Figure 5. Inhibition of ezrin or Src protects mice from JEV infection-induced lethality. Mice were infected with JEV (4×103 PFU/mouse) and treated with PBS, NSC668394 (6 mg/kg) or PP2 (7.5 mg/kg) through the subcutaneous route. The drugs (include PBS) were continued daily for 5 days. (A) Kaplan-Meier survival curves for 14 days post-infection are shown. (B) JEV RNA in brain was quantified by qRT-PCR assay 5 days post-infection. Results are denoted as the relative quantity (RQ) of JEV RNA genome compared to the JEV (PBS) group. JEV, n = 7; JEV+394, n = 10; JEV + PP2, n = 9. (C) Mouse brain sections were stained for JEV-NS3 protein (green); nuclei were stained with DAPI. Insets show magnified boxed areas. Scale bars in scanned and magnified images are 500 and 50 μm, respectively. Results are representative of three independent experiments. *p < 0.05 compared to the JEV-infected, PBS-treated group. **p < 0.01 compared to the JEV-infected, PBS-treated group.

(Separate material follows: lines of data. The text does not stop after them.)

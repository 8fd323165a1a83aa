-- ===== src/Update/Version.antt =====
-- src/update.rs: version numbers. A text is a list of code points.
use sysu_netauth.Common.{
  ℕ, ◌+◌, ◌*◌, ◌-◌, Bool, true, false, not, ◌&&◌, ◌||◌, Option, none, some, List, [], ◌∷◌, leb, ltb,
  ◌==◌, if◌then◌else◌, Result, ok, err, ◌>>=◌, ◌>>◌, ensure, is_empty,
}
use sysu_netauth.Common.Bytes.{bytes_eq}
use sysu_netauth.Update.Text.{trim, split, split_once, is_digit, all, codes}

-- `[u32; 3]`
pub record Version : Type 0 where
  pub major : ℕ
  pub minor : ℕ
  pub patch : ℕ

-- The order of arrays is lexicographic.
unfoldable pub version_gt : Version → Version → Bool
version_gt a b =
    ltb b.major a.major
    || (a.major == b.major) && (ltb b.minor a.minor || (a.minor == b.minor) && ltb b.patch a.patch)

unfoldable pub version_eq : Version → Version → Bool
version_eq a b = (a.major == b.major) && (a.minor == b.minor) && (a.patch == b.patch)

-- `None` is below every `Some`.
abbrev pub option_gt : Option Version → Option Version → Bool
option_gt none b = false
option_gt (some a) none = true
option_gt (some a) (some b) = version_gt a b

unfoldable pub decimal_from : ℕ → List ℕ → ℕ
decimal_from acc [] = acc
decimal_from acc (c ∷ cs) = decimal_from (acc * 10 + (c - b'0')) cs

-- `str::parse::<u32>` of a text of digits
unfoldable pub parse_u32 : List ℕ → Result ℕ
unfolding decimal_from
parse_u32 part =
    let n = decimal_from 0 part in
    if ltb n 0x1_0000_0000 then ok n else err "number too large to fit in target type"

-- A part of a version: at least one digit, and only digits.
abbrev pub is_part : List ℕ → Bool
is_part part = not (is_empty part) && all is_digit part

unfoldable pub parse_parts : List (List ℕ) → Result (List ℕ)
unfolding parse_u32
parse_parts [] = ok []
parse_parts (p ∷ ps) = do n ← parse_u32 p; ns ← parse_parts ps; ok (n ∷ ns)

-- `values.len() == 3 && values.iter().all(|v| *v <= 999999)`
three : List ℕ → Result Version
three (a ∷ b ∷ c ∷ []) =
    if leb a 999999 && leb b 999999 && leb c 999999
    then ok (record { major = a; minor = b; patch = c })
    else err "invalid version"
three values = err "invalid version"

-- `value.strip_prefix('v').unwrap_or(value)`
abbrev pub strip_v : List ℕ → List ℕ
strip_v [] = []
strip_v (c ∷ cs) = if c == b'v' then cs else c ∷ cs

unfoldable pub version : List ℕ → Result Version
unfolding three trim split
version value = do
  let parts = split b'.' (strip_v (trim value))
  ensure (all is_part parts) "invalid version"
  values ← parse_parts parts
  three values

abbrev is_stage : List ℕ → Bool
is_stage stage =
    bytes_eq stage (codes "alpha") || bytes_eq stage (codes "beta") || bytes_eq stage (codes "rc")

-- The suffix after the dash: a stage, a dot, and a number.
prerelease : List ℕ → Option (List ℕ × List ℕ) → Result (Version × Bool)
prerelease core none = err "invalid prerelease"
prerelease core (some (stage, serial)) = do
  ensure (is_stage stage) "invalid prerelease stage"
  ensure (is_part serial) "invalid prerelease number"
  v ← version core
  ok (v, true)

installed_from : List ℕ → Option (List ℕ × List ℕ) → Result (Version × Bool)
unfolding prerelease split_once
installed_from value none = do v ← version value; ok (v, false)
installed_from value (some (core, suffix)) = prerelease core (split_once b'.' suffix)

unfoldable pub installed_version : List ℕ → Result (Version × Bool)
unfolding installed_from split_once
installed_version value = installed_from value (split_once b'-' value)

unfoldable pub available_for : List ℕ → List ℕ → Result Bool
available_for candidate current = do
  stable ← version candidate
  installed ← installed_version current
  ok (version_gt stable installed.0 || version_eq stable installed.0 && installed.1)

Figure 6. Proposed model of JEV entry route upon HBMEC infection. (A) JEV attaches to HBMEC surface receptors (e.g. integrins), co-receptors, or other attachment proteins, leading to the phosphorylation of Src (a). (B) Phosphorylated-Src induces phosphorylation and activation of ezrin (b). Ezrin in its open conformation (p-ezrin) anchors p-Src to the caveolin-1-enriched region (probably a lipid raft). (C) p-Src induces the phosphorylation and activation of caveolin-1 on the scaffold of p-ezrin (c) and mediates the formation of endocytic carriers in synergy with ezrin-mediated actin polymerization.